7. Der vom Kläger geltend gemachte Anspruch auf Invaliditätsrente ist ausgehend vom Invaliditätsgrad von 55 % noch der Höhe nach klärungsbedürftig, insbesondere als das Erstgericht wegen abweichender Rechtsansicht für die Frage der Dynamisierung der Rentenbeträge und die Kapitalisierung der Zinsen keine Tatsachengrundlage geschaffen hat. Dies wird im fortgesetzten Verfahren nachzuholen sein.
8. Zusammengefasst folgt:
8.1. Liegt beim Versicherungsnehmer innerhalb eines Jahres vom Unfalltag an zwar eine unfallkausale Invalidität vor, steht deren Grad aber nicht eindeutig fest und erreicht dieser zunächst nicht mindestens 50 %, so hängt ein erst durch die Neubemessung gemäß Art 9.2. AUVB 2006 entstehender Rentenanspruch nicht von den Voraussetzungen des Art 9.1. AUVB 2006 ab.

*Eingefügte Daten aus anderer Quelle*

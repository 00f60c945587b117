-- ===== src/Robot/Returns.antt =====
-- `cancelMotion` on a connection that delivers states and answers: it returns.
use libfranka.Prelude.{
  ℕ, zero, suc, ◌≡◌, ◌∙◌, ◌⊎◌, inl, inr, ap, Bool, true, false, not, Option, none, List, [], ◌∷◌,
  Double, ok, pure, after-run, Bool-cases, if◌then◌else◌,
}
use libfranka.Interface.{
  Command, MotionGeneratorMode, ControllerMode, WireState, Response, stop_move,
}
use libfranka.Robot.State.{Network, Impl, on_network, update_state}
use libfranka.Robot.Responses.{handle_command_response, handle_stop_move}
use libfranka.Robot.Channel.{receive_robot_state}
use libfranka.Robot.Commands.{execute_command, handle}
use libfranka.Robot.Motions.{as_control, is_running, set_current_move, cancel_loop, cancel_motion}
use libfranka.Robot.Finish.{IsIdle, cancel_motion-IsIdle}
use libfranka.Robot.Stream.{
  is_still, Rising, StopsIn, IsStream, is_running-update_state, on_network-run,
  receive_robot_state-next,
}

module _ {N F : Type 0} ⦃d : Double F⦄ ⦃n : Network N F⦄ where
  module _ (coming : N → List (WireState F)) (Phase : Option (Command × ℕ) → N → Type 0)
      (stream : IsStream coming Phase) where
    cancel_loop-returns :
        (fuel rounds : ℕ) (s : Impl N F) (q : List (WireState F))
        → coming s.network ≡ q
        → Rising s.message_id q
        → StopsIn rounds q
        → Phase none s.network
        → (t : Impl N F) × (cancel_loop (suc (suc fuel)) rounds s ≡ (ok tt, t))
          × Phase none t.network
    unfolding cancel_loop update_state
    cancel_loop-returns fuel zero s q e rising stops phase = elim stops [ ]
    cancel_loop-returns fuel (suc rounds) s [] e rising stops phase = elim stops [ ]
    cancel_loop-returns fuel (suc rounds) s (r ∷ q) e rising stops phase =
        let (c, ran, left, kept) =
          receive_robot_state-next coming Phase stream none fuel s r q e rising.0 phase in
        let u = update_state r (record s { network = c }) in
        let runs : is_running u ≡ not (is_still r) =
          is_running-update_state r (record s { network = c }) in
        elim (Bool-cases (is_still r)) [
          | inl still ↦ (
            u,
            after-run (receive_robot_state (suc (suc fuel)) s) _ ran
                ∙ ap (λ (b : Bool). (if b then cancel_loop (suc (suc fuel)) rounds else pure tt) u)
                    (runs ∙ ap not still),
            kept,
          )
          | inr moving ↦
              let (t, rest, ends) =
                cancel_loop-returns fuel rounds u q left rising.1 (later moving stops) kept in
              (
                t,
                after-run (receive_robot_state (suc (suc fuel)) s) _ ran
                    ∙ ap
                        (λ (b : Bool).
                          (if b then cancel_loop (suc (suc fuel)) rounds else pure tt) u)
                        (runs ∙ ap not moving)
                    ∙ rest,
                ends,
              )
        ]
      where
        later : is_still r ≡ false → (is_still r ≡ true) ⊎ StopsIn rounds q → StopsIn rounds q
        later moving (inl still) = absurd (cc)
        later moving (inr rest) = rest

    stop_accepted : (r : Response) (s : Impl N F) → r.status ≡ 0 → handle stop_move r s ≡ (ok tt, s)
    unfolding handle handle_command_response handle_stop_move
    stop_accepted r s e = rw e

    -- On a connection on which the robot sends states with rising message ids, one of the first
    -- `rounds` of them is still, no response is waited for yet, and the response to the `StopMove` that
    -- is sent on it is a success, `cancelMotion` returns, with fuel for two datagrams in each round, and
    -- leaves the robot idle.
    pub cancel_motion-returns :
        (fuel rounds id : ℕ) (s : Impl N F)
        → Rising s.message_id (coming s.network)
        → StopsIn rounds (coming s.network)
        → Phase none s.network
        → (t : Impl N F) × (cancel_motion (suc (suc fuel)) rounds id s ≡ (ok tt, t)) × IsIdle t
    unfolding cancel_motion execute_command
    cancel_motion-returns fuel rounds id s rising stops phase =
        let (k, c₁, sent, e₁, awaits) = stream.sends s.network phase in
        let s₁ = record s { network = c₁ } in
        let (r, c₂, got, success, e₂, free) = stream.answers Command.stop_move k c₁ awaits in
        let s₂ = record s { network = c₂ } in
        let kept : coming c₂ ≡ coming s.network = e₂ ∙ e₁ in
        let stopped : execute_command stop_move s ≡ (ok k, s₂) =
          after-run (on_network (n.tcp_send_request stop_move) s) _
            (on_network-run (n.tcp_send_request stop_move) s sent)
          ∙ after-run (on_network (n.tcp_blocking_receive_response Command.stop_move k) s₁) _
              (on_network-run (n.tcp_blocking_receive_response Command.stop_move k) s₁ got)
          ∙ after-run (handle stop_move r s₂) _ (stop_accepted r s₂ success) in
        let (v, looped, ended) =
          cancel_loop-returns fuel rounds s₂ (coming s.network) kept rising stops free in
        let (b, c₃, polled) = stream.polls Command.move id v.network ended in
        let done : cancel_motion (suc (suc fuel)) rounds id s ≡ (
          ok tt,
          set_current_move MotionGeneratorMode.idle ControllerMode.other
              (record v { network = c₃ }),
        ) =
          after-run (as_control (execute_command stop_move s).0, (execute_command stop_move s).1) _
            (ap (λ p. (as_control p.0, p.1)) stopped)
          ∙ after-run (cancel_loop (suc (suc fuel)) rounds s₂) _ looped
          ∙ after-run (on_network (n.tcp_receive_response Command.move id (λ _. ok tt)) v) _
              (on_network-run (n.tcp_receive_response Command.move id (λ _. ok tt)) v polled) in
        (_, done, cancel_motion-IsIdle (suc (suc fuel)) rounds id s _ done)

8.2. Das Begehren nach Neubemessung iSd Art 9.2. AUVB 2006 ist an keine bestimmte Form gebunden.
8.3. Kommt es zu einer Neubemessung iSd Art 9.2. AUVB 2006, ist der Invaliditätsgrad zur Zeit der Neufeststellung maßgebend.
8.4. Will sich der Versicherungsnehmer im Fall der Neubemessung mit dem außergerichtlich erzielten Ergebnis nicht zufrieden geben, dann steht ihm die Möglichkeit offen, innerhalb der Verjährungsfrist des § 12 VersVG Klage zu erheben. Der in einem solchen Streitverfahren ermittelte Invaliditätsgrad ist dann nicht nur Tatsachenfeststellung, sondern auch letzter Teil des Neubemessungsverfahrens, unter diesem Gesichtspunkt die „endgültige Bemessung“ des Invaliditätsgrades iSd Art 9.2. AUVB 2006 und insoweit für weitere Leistungsbegehren bindend.
8.5. Im fortzusetzenden Verfahren wird das Erstgericht das Rentenbegehren noch der Höhe nach zu klären haben.
8.6. Der Kostenvorbehalt beruht auf § 52 ZPO.